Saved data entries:
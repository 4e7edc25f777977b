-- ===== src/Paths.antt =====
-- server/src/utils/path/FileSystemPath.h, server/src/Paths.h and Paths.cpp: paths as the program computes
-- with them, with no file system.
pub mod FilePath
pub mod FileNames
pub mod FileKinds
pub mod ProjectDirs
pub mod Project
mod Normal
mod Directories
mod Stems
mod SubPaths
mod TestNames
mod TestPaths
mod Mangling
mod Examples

#### Activity:
Word for word, return the lines from the one holding "-- ===== src/Paths.antt" through the end of the entries above.

#### Your solution:
-- ===== src/Paths.antt =====
-- server/src/utils/path/FileSystemPath.h, server/src/Paths.h and Paths.cpp: paths as the program computes
-- with them, with no file system.
pub mod FilePath
pub mod FileNames
pub mod FileKinds
pub mod ProjectDirs
pub mod Project
mod Normal
mod Directories
mod Stems
mod SubPaths
mod TestNames
mod TestPaths
mod Mangling
mod Examples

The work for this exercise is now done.